“是。”林武说。
“那就不要辜负她。”
“知道。”
电话挂断之后,林武在椅子上坐了很久。台灯的光晕在图纸上慢慢移动,从方块移到箭头,从箭头移到那些密密麻麻的标注。
窗外起了风。
老藤的枯叶在墙面上沙沙地响。那声音拖得很长,很长,像一个人站在山的那头,喊了句听不清的话。
——
接下来的那个周二,玛格丽特·麦克唐纳准时出现在齐宅的门口。
她穿着一件苔绿色的羊毛开衫,里面是米白色的高领毛衣,红褐色的头发在脑后扎成一个松松的髻。手里拎着一只深棕色的皮包,包带被她攥得很紧。
红姐迎上去,接过她的外套,把她往花厅引。
青瓷茶壶里泡着刚沏的凤凰单丛,旁边摆着四只同色的茶杯。
点心碟子一字排开,其它都比较常见,但今天有一碟红姐新试做的桂花糯米藕,藕孔里塞满了糯米,切成厚片,淋着琥珀色的糖汁。
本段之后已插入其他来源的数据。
-- ===== src/Kafka/Runtime.antt =====
-- What a consumer takes from its surroundings, and the state it works on. The broker may refuse any
-- request, by the number of requests sent so far; the clock and the random draws are parameters too.
use gosplash.Prelude.{ℕ, ◌+◌, String, Bool, Option, List, ◌∷◌, if◌then◌else◌, true, false}
use gosplash.Prelude.Int.{ℤ}
use gosplash.Kafka.Record.{Message}
use gosplash.Kafka.Headers.{Strconv}
use gosplash.Kafka.Failing.{Failing}

-- `E` is a decoded envelope, and `S` the state of the handler. `after_ms` is the unix time in
-- milliseconds a delay after the n-th look at the clock, `still_ahead` whether a time in
-- milliseconds is ahead at the n-th look, and `stopped` whether the service stops during the wait.
pub record Runtime (E S : Type 0) : Type 0 where
  pub strconv : Strconv
  pub unmarshal : String → Option E
  pub unmarshal_error : String → Failing
  pub handle : E → S → Option Failing × S
  pub accepts : ℕ → Bool
  pub int64_n : ℕ → ℤ → ℤ
  pub after_ms : ℕ → ℤ → ℤ
  pub still_ahead : ℕ → ℤ → Bool
  pub stopped : ℕ → Bool

-- A committed position: the topic, the partition, and the offset of the last record done.
pub record Position : Type 0 where
  pub topic : String
  pub partition : ℤ
  pub offset : ℤ

-- The state of the handler; the messages that the broker took and the commits it took, newest
-- first; the results that the metric counted; how many requests and looks were made; and the pauses.
pub record World (S : Type 0) : Type 0 where
  pub user : S
  pub produced : List Message
  pub commits : List Position
  pub observed : List String
  pub requests : ℕ
  pub looks : ℕ
  pub naps : List ℤ

module _ {S : Type 0} where
  abbrev pub looked : World S → World S
  looked w = record w { looks = w.looks + 1 }

  -- `observe`
  abbrev pub observe : String → World S → World S
  observe result w = record w { observed = result ∷ w.observed }

  module _ {E : Type 0} (rt : Runtime E S) where
    -- `ProduceSync`
    unfoldable pub produce : Message → World S → Bool × World S
    produce m w =
        let sent : World S = record w { requests = w.requests + 1 } in
        if rt.accepts w.requests
        then (true, record sent { produced = m ∷ w.produced })
        else (false, sent)

    -- `commit`: an error is only logged.
    unfoldable pub commit_record : Message → World S → World S
    commit_record m w =
        let sent : World S = record w { requests = w.requests + 1 } in
        let done : Position = record {
          topic = m.topic;
          partition = m.partition;
          offset = m.offset;
        } in
        if rt.accepts w.requests then record sent { commits = done ∷ w.commits } else sent

    -- What follows a message sent to another topic: the source is committed only if it was taken.
    unfoldable pub finish_sent : Message → String → String → Bool × World S → World S
    unfolding commit_record
    finish_sent m result failed (true, w) = observe result (commit_record m w)
    finish_sent m result failed (false, w) = observe failed w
叶宝珠坐在沙发上,穿了一件家常的汉裙,领口绣着几朵浅紫色的丁香。
她听见脚步声,抬起头,嘴角弯了一下。
“黛西。”
玛格丽特在门口站了一瞬。她的目光从茶几上那些点心碟子上扫过去,从椰汁红豆糕扫到蛋挞,从蛋挞扫到桂花糯米藕。喉结滚动了一下。
“太罪恶了。”她用英语说,“宝珠,你知不知道我上个月重了多少?”
叶宝珠看着她。
“十磅。”玛格丽特说出这个数字的时候,声音都在发抖,“十磅。我来香江三年,前两年半体重一动没动。自从在你这里喝茶,半年,十磅。”
她伸手在自己腰间比划了一下。“我的裙子,上个月新做的,这个月扣不上了。我丈夫——”
她停了一下。
“他说什么?”叶宝珠问。
玛格丽特的耳根红了一点。“他说,胖一点好。说以前太瘦了,抱着硌手。”
叶宝珠嘴角弯了一下。
“这不是挺好?”
“不好。”玛格丽特的声音拔高了一点,“他说的‘胖一点’,是胖一点。不是胖十磅。而且他说的不算。我自己照镜子,镜子说的才算。”